MAGNA Unveils Its Annual Global Advertising Forecasts

MAGNA Unveils Its Annual Global Advertising Forecasts

MAGNA has released its annual forecasts for another year predicting that the APAC market will enjoy significant growth in digital advertising.

Lucy Formosa Morgan (lead image), managing director, MAGNA Australia, said: “It’s been a slower start to 2023 with challenging global economic conditions and consumers under increasing financial pressure, all of which has made for a jittery market.   Much as we’re forecasting a number of the traditional channels to contract, particularly Linear TV, there are areas that remain strong, namely Digital (search, video and social) and OOH. Digital naturally is benefitting from consumption habits evolving and the traditional channels growing their digital offerings.”

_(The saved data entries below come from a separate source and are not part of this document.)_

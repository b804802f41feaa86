-- ===== src/Tests/Discovery.antt =====
-- A run of the token endpoint for a grant type that is not announced.
use cimd_proxy.Prelude.{
  ◌≡◌, refl, sym, ◌∙◌, true, false, In, none, some, [], ◌∷◌, contains, contains_iff,
}
use cimd_proxy.Prelude.Dict.{lookup}
use cimd_proxy.Json.{arr, strings}
use cimd_proxy.Token.{TokenParams, dispatch, token_exchange}
use cimd_proxy.Discovery.{discovery}
use cimd_proxy.Discovery.Announced.{IsRefused, discovery_grants, dispatch_unannounced}
use cimd_proxy.Tests.Setup.{platform, config, codec, world}
use cimd_proxy.Tests.Handled.{accented}

abbrev asking : TokenParams
asking = record accented { grant_type = some token_exchange }

exchange_other : contains ("authorization_code" ∷ "refresh_token" ∷ []) token_exchange ≡ false
exchange_other = refl

false-true : ¬ (false ≡ true)
false-true h = cc h

exchange_unlisted : ¬ In token_exchange ("authorization_code" ∷ "refresh_token" ∷ [])
exchange_unlisted m = false-true (
    sym exchange_other
    ∙ (contains_iff ("authorization_code" ∷ "refresh_token" ∷ []) token_exchange).1 m)

lists :
    lookup "grant_types_supported" (discovery config none)
    ≡ some (arr (strings ("authorization_code" ∷ "refresh_token" ∷ [])))
unfolding cimd_proxy.Discovery.extra_grants
lists = discovery_grants config none

dispatch_unannounced_example :
    IsRefused platform codec config (world 9) (dispatch platform codec config none asking)
dispatch_unannounced_example =
    dispatch_unannounced platform codec config (world 9) none asking token_exchange
      ("authorization_code" ∷ "refresh_token" ∷ []) refl lists exchange_unlisted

The top 10 takeouts of the report are below:

  1. The Northern Hemisphere summer update of MAGNA’s “Global Ad Forecast” predicts media owners advertising revenues will reach $842 billion this year, +4.6 per cent growth vs. 2022 ($US805bn).
  2. This 2023 growth forecast is just 0.2 percentage points below MAGNA’s previous forecast (Dec. 2022: +4.8 per cent) as the deterioration of economic conditions and marketing spending in most Western markets is mitigated by stronger-than-expected growth in some markets (China, Spain), industry verticals (Retail) and media types (Retail, Social).
  3. Several industry verticals show counter-cyclical patterns in their marketing dynamic. Some are expected to grow strongly, in line with business recovery (Automotive, Travel), some are not necessarily expected (Retail) to grow. CPG/FMCG product categories are ramping up their spending with Search and Retail Media Networks, partly at the expense of traditional branding media, but mostly by reallocating trade marketing budgets, thus bringing new money in the advertising ecosystem.
  4. Traditional media companies and branding formats (Television, Audio, Publishing, OOH, Cinema) are most exposed in this uncertain business climate, as some brands reduce marketing budget or prioritize performance-based digital ad formats. Global ad revenues across traditional categories in aggregate will thus shrink by -3 per cent to $264 billion.
  5. Global television advertising revenues will shrink by -5% this year to $159 billion while Publishing ad sales will drop -4 per cent to $44bn. Audio Media ad revenues will be stable (-0.5 per cent to $28bn). The only traditional media categories to grow will be Out-of-Home, up +5% to reach $31 billion (catching up with pre-COVID market size), cinema (up 23 per cent to $2 billion).
  6. Meanwhile, digital pure-play advertising sales will grow by +8.5 per cent to reach $577 billion dollars i.e., 69 per cent of total ad sales, driven by organic growth factors (ecommerce, retail media, media consumption shifts, stabilisation in the data landscape). Search/commerce formats remain the largest ad formats, approaching the $300bn milestone (+9.1 per cent to $296 billion). Social media formats re-accelerate by +9.4 per cent to $172 billion, while short-form pure-play video advertising grows by +8.6 per cent to $71 billion.
  7. Retail Media Networks are expected to generate $121 billion in advertising sales this year (+12 per cent), most of it in the form of product search and ecommerce sponsorship. The bulk of these ad sales will come from ecommerce pure players, but traditional retailers are developing their media capabilities and their advertising sales will grow by +24 per cent to reach $21 billion.
  8. The strongest ad growth rate this year will come once again from India (+12.3 per cent to $12.6bn); India is the 11th largest market. The Chinese ad market is set to recover faster than previously expected (+8.4 per cent). At the other end of the spectrum, most Western European markets will stagnate this year: Germany, France, Italy all below +3 per cent growth all-media, and negative for traditional media owners.
  9. In APAC, digital advertising is powering total market growth. By format, this year’s growth comes from social (+12 per cent) and video (+11 per cent), with search also growing by +9 per cent (but already representing a huge 47 per cent of total digital budgets).
  10. In 2024, economic stabilisation and the return of major cyclical events will re-accelerate ad spend: +6.1 per cent to $892 billion globally. Traditional media owners’ ad revenues will recover by +1 per cent while digital pure players ad sales will increase by +8 per cent.